Many people owe too much money on their credit cards. Being in heavy debt is rarely planned; it usually happens due to loss of job or illness. Sometimes people run up huge bills because of carelessness or because they simply do not understand how credit cards work. Regardless of how debt problems come to pass, they are real and they are hard to fix. Debt consolidation is often touted as the answer to the problem, as though taking out yet another loan will automatically fix a heavy financial burden. Nothing could be further from the truth, of course, and a study shows that two thirds of people who take out debt consolidation loans end up right back where they started - owing more money than they can repay. 

How do people get back in financial trouble through the tool that’s supposed to fix it?

The biggest cause of renewed debt is the inability of consumers to stop spending after taking out a loan to combine their bills. Most people with spending problems only quit spending when they run out of credit. When the cards are full, you can’t spend anymore. Maxed out credit cards make a pretty effective deterrent against spending, but they also come with penalties and fees for going over the limit. When you take out a new loan and use it to pay off all of the other ones, your credit cards are suddenly unencumbered - you owe nothing.

People often succumb to the temptation to start using their cards again once the balances drop to zero. The notion that the debt is gone is a fallacy; the debt has been moved to a new loan. If you start spending again, you will not only end up in financial trouble, but you will actually be worse off than you were before, as your capacity to pile up debt has increased. Smart consumers know that they cannot spend money after taking out a debt consolidation loan, as the objective is to reduce the debt. It would appear that this is practiced only by a minority of those who take out these loans, and most people simply resort to their old ways.
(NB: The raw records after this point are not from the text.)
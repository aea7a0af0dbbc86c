-- ===== src/Level/Laws.antt =====
-- `ensureLevelSet` (passes/TaintTrackerPass/TaintTrackerPass.cpp) records a level that `getLevel`
-- would give anyway.
use linux_analysis.Prelude.{
  ◌≡◌, sym, subst, ℤ, refl, inl, inr, true, none, some, lookup, put, lookup-put, ==_refl, ◌==◌,
  Bool-cases, Option-cases, arith,
}
use linux_analysis.Llvm.{Ir, Value, Function, is_instruction}
use linux_analysis.State.{State}
use linux_analysis.Level.{get_level, level_of_function, ensured_levels, ensure_level_set}

-- On an instruction the call changes the level of no value, so it can be left out or repeated
-- until a function's level changes.
pub get_level-ensure_level_set :
    (ir : Ir) (s : State) (v w : Value)
    → is_instruction (ir.kind v) ≡ true
    → get_level ir (ensure_level_set ir v s) w ≡ get_level ir s w
unfolding get_level level_of_function ensure_level_set ensured_levels
get_level-ensure_level_set ir s v w h = elim (Option-cases (lookup v s.value_level)) [
  | inr (l, known) ↦ rw (known, ensured_levels) refl
  | inl new ↦ elim (Option-cases (ir.function_of v)) [
    | inl outside ↦ rw (new, outside, ensured_levels) refl
    | inr (f, within) ↦ elim (Option-cases (lookup f s.function_level)) [
      | inl free ↦ rw (new, within, free, ensured_levels) refl
      | inr (l, level) ↦ rw (new, within, level, ensured_levels) (recorded f l new within level)
    ]
  ]
]
  where
    recorded :
        (f : Function) (l : ℤ)
        → lookup v s.value_level ≡ none
        → ir.function_of v ≡ some f
        → lookup f s.function_level ≡ some l
        → get_level ir (record s { value_level = put v l s.value_level }) w ≡ get_level ir s w
    recorded f l new within level = elim (Bool-cases (w == v)) [
      | inl same ↦
          let q : w ≡ v = ground arith in
          let own : level_of_function ir s v ≡ some l =
            rw (h, within, level, level_of_function) refl in
          let at_v : get_level ir (record s { value_level = put v l s.value_level }) v
              ≡ get_level ir s v =
            rw (lookup-put v v l s.value_level, ==_refl v, new, own, get_level) refl in
          subst
            (λ x.
              get_level ir (record s { value_level = put v l s.value_level }) x ≡ get_level ir s x)
            (sym q) at_v
      | inr other ↦ rw (lookup-put w v l s.value_level, other, get_level) refl
    ]

-- A level that is set stays.
pub lookup-ensured_levels :
    (ir : Ir) (v x : Value) (l : ℤ) (s : State)
    → lookup x s.value_level ≡ some l
    → lookup x (ensured_levels ir v s) ≡ some l
unfolding ensured_levels
lookup-ensured_levels ir v x l s e = elim (Option-cases (lookup v s.value_level)) [
  | inr (k, known) ↦ rw (known, ensured_levels) e
  | inl fresh ↦ elim (Option-cases (ir.function_of v)) [
    | inl out ↦ rw (fresh, out, ensured_levels) e
    | inr (f, within) ↦ elim (Option-cases (lookup f s.function_level)) [
      | inl unknown ↦ rw (fresh, within, unknown, ensured_levels) e
      | inr (k, known) ↦
          rw (fresh, within, known, ensured_levels)
            (elim (Bool-cases (x == v)) [
              | inl same ↦ let q : x ≡ v = ground arith in cc (rw q at e)
              | inr other ↦ rw (lookup-put x v k s.value_level, other) e
            ])
    ]
  ]
]
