-- ===== src/Loads/Order.antt =====
-- `isLoadBeforeTaintOrigin` (passes/TaintTrackerPass/TaintTrackerPass.cpp) as an order of the
-- instructions of a block.
use linux_analysis.Prelude.{
  ◌≡◌, refl, ap, ◌↔◌, inl, inr, Bool, true, false, ◌&&◌, ◌||◌, some, List, [], ◌∷◌, ◌++◌, lookup,
  contains, ◌∈◌, ◌==◌, Bool-cases, Option-cases, arith,
}
use linux_analysis.Llvm.{Ir, Value}
use linux_analysis.State.{State}
use linux_analysis.Loads.{meets_after, is_load_before_taint_origin}

meets_after_sound :
    (a b : Value) (found : Bool) (is : List Value)
    → meets_after a b found is ≡ true
    → (xs : List Value) × (ys : List Value) × (is ≡ xs ++ b ∷ ys)
      × ((found || contains a (xs ++ b ∷ [])) ≡ true)
unfolding meets_after
meets_after_sound a b found [] e = cc
meets_after_sound a b found (i ∷ is) e = elim (Bool-cases (i == b && (found || i == a))) [
  | inl here ↦ let same : i ≡ b = ground arith in ([], is, rw same refl, ground arith)
  | inr there ↦
      let (xs, ys, split, h) = meets_after_sound a b (found || i == a) is (ground arith) in
      (i ∷ xs, ys, ap (λ t. i ∷ t) split, ground (arith, h))
]

meets_after_complete :
    (a b : Value) (found : Bool) (xs ys : List Value)
    → (found || contains a (xs ++ b ∷ [])) ≡ true
    → meets_after a b found (xs ++ b ∷ ys) ≡ true
unfolding meets_after
meets_after_complete a b found [] ys h = ground arith
meets_after_complete a b found (x ∷ xs) ys h =
    ground (arith, meets_after_complete a b (found || x == a) xs ys)

-- A load is before the taint of a pointer exactly if the store that tainted it is recorded, both
-- are in one block, and the load is at or in front of the store among its instructions.
pub is_load_before_taint_origin_iff :
    (ir : Ir) (s : State) (load ptr : Value)
    → (is_load_before_taint_origin ir s load ptr ≡ true) ↔ (
        (origin : Value) × (lookup ptr s.pointer_taint_origin ≡ some origin)
        × (ir.block_of load ≡ ir.block_of origin)
        × ((xs : List Value) × (ys : List Value) × (ir.instructions (ir.block_of load)
              ≡ xs ++ origin ∷ ys)
            × (load ∈ xs ++ origin ∷ [])))
unfolding is_load_before_taint_origin
is_load_before_taint_origin_iff ir s load ptr = (
  λ e. elim (Option-cases (lookup ptr s.pointer_taint_origin)) [
    | inl none_known ↦ cc (rw (none_known, is_load_before_taint_origin) at e)
    | inr (origin, known) ↦ elim (Bool-cases (ir.block_of load == ir.block_of origin)) [
      | inr other ↦ cc (rw (known, other, is_load_before_taint_origin) at e)
      | inl same ↦
          let met = rw (known, same, is_load_before_taint_origin) at e in
          (
            origin,
            known,
            ground arith,
            meets_after_sound load origin false (ir.instructions (ir.block_of load)) met,
          )
    ]
  ],
  λ (origin, known, same, (xs, ys, split, here)).
      let eq : (ir.block_of load == ir.block_of origin) ≡ true = ground arith in
      rw (known, eq, split, is_load_before_taint_origin)
        (meets_after_complete load origin false xs ys here),
)
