-- ===== src/Names.antt =====
-- How the pass names values and places in its report: `getValueName` and `getDebugLoc`
-- (passes/TaintTrackerPass/TaintTrackerPass.cpp). Texts are lists of character codes.
pub mod Laws
use linux_analysis.Prelude.{
  ℕ, zero, suc, ◌+◌, ◌-◌, Bool, true, false, not, ◌&&◌, Option, none, some, List, [], ◌∷◌, ◌++◌,
  get_elem?, take, drop, leb, ◌==◌, if◌then◌else◌,
}
use linux_analysis.Llvm.{Ir, Value, Text, DebugLoc}
use linux_analysis.State.{Config}

-- Does the text begin with the pattern?
unfoldable pub starts_with : Text → Text → Bool
starts_with s [] = true
starts_with [] (p ∷ ps) = false
starts_with (c ∷ s) (p ∷ ps) = c == p && starts_with s ps

-- `std::string::find`: the position of the first occurrence.
unfoldable pub find : Text → Text → Option ℕ
unfolding starts_with
find pattern [] = if starts_with [] pattern then some 0 else none
find pattern (c ∷ s) =
    let rest = find pattern s in
    if starts_with (c ∷ s) pattern
    then some 0
    else elim rest [ none ↦ none | some n ↦ some (suc n) ]

abbrev is_char : ℕ → Option ℕ → Bool
is_char c none = false
is_char c (some d) = d == c

-- " !dbg !"
abbrev pub debug_marker : Text
debug_marker = b' ' ∷ b'!' ∷ b'd' ∷ b'b' ∷ b'g' ∷ b' ' ∷ b'!' ∷ []

abbrev pub newline : ℕ
newline = 10

-- Where the erased part begins: two characters before the marker if they are ", ".
unfoldable pub erase_start : Text → ℕ → ℕ
erase_start s pos =
    if leb 2 pos && is_char b',' (get_elem? s (pos - 2)) && is_char b' ' (get_elem? s (pos - 1))
    then pos - 2
    else pos

-- Erase from `start` to the end of the line that `pos` stands on.
unfoldable pub erase_line : Text → ℕ → ℕ → Text
unfolding find
erase_line s pos start = elim (find (newline ∷ []) (drop pos s)) [
  | none ↦ take start s
  | some n ↦ take start s ++ drop (pos + n) s
]

-- The printed text without its debug location, which is taken to run to the end of its line.
unfoldable pub strip_debug : Text → Text
unfolding find erase_start erase_line
strip_debug s = elim (find debug_marker s) [
  | none ↦ s
  | some pos ↦ erase_line s pos (erase_start s pos)
]

unfoldable pub get_value_name : Ir → Value → Text
unfolding strip_debug
get_value_name ir v = strip_debug (ir.printed v)

-- A location with a line that is not 0.
abbrev pub valid_location : Option DebugLoc → Option DebugLoc
valid_location none = none
valid_location (some l) = if l.line == 0 then none else some l

-- `DL && DL->getLine() != 0`.
abbrev pub valid_loc : Ir → Value → Option DebugLoc
valid_loc ir v = valid_location (ir.debug_loc v)

-- The loop over the block: skip to the instruction, then look at up to 10 more.
unfoldable pub look_ahead : Ir → Value → Bool → ℕ → List Value → Option DebugLoc
look_ahead ir i found n [] = none
look_ahead ir i false n (j ∷ js) = look_ahead ir i (j == i) n js
look_ahead ir i true n (j ∷ js) =
    let rest = look_ahead ir i true (n + 1) js in
    if leb 10 n then none else elim (valid_loc ir j) [ some l ↦ some l | none ↦ rest ]

-- A number is printed by `raw_ostream`, which is LLVM's.
module _ (decimal : ℕ → Text) where
  -- " <file:line:column>"
  abbrev pub location_text : DebugLoc → Text
  location_text l =
      b' '
      ∷ b'<'
      ∷ (l.filename
          ++ b':'
            ∷ (decimal l.line
                ++ ((if not (l.column == 0) then b':' ∷ decimal l.column else []) ++ b'>' ∷ [])))

  -- " <UNKNOWN>"
  abbrev pub unknown_text : Text
  unknown_text = b' ' ∷ b'<' ∷ b'U' ∷ b'N' ∷ b'K' ∷ b'N' ∷ b'O' ∷ b'W' ∷ b'N' ∷ b'>' ∷ []

  -- " (approx)"
  abbrev pub approx_text : Text
  approx_text = b' ' ∷ b'(' ∷ b'a' ∷ b'p' ∷ b'p' ∷ b'r' ∷ b'o' ∷ b'x' ∷ b')' ∷ []

  unfoldable pub get_debug_loc : Ir → Config → Value → Text
  unfolding look_ahead
  get_debug_loc ir cfg i = elim (valid_loc ir i) [
    | some l ↦ location_text l
    | none ↦
        if not cfg.approx_debug_info
        then unknown_text
        else elim (look_ahead ir i false 0 (ir.instructions (ir.block_of i))) [
          | some l ↦ location_text l ++ approx_text
          | none ↦ unknown_text
        ]
  ]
Professional credit counseling is a good step towards clearing up those financial problems. A professional can point out the potential pitfalls of taking on more debt in order to repair your finances. They can help you pay down your bills instead of letting them grow again. Combining several credit card balances or bills into a single payment through consolidation can be a great way to get out of debt. It isn’t a magic answer, however, and consumers need to know this and be prepared for the difficulties that come with solving financial problems.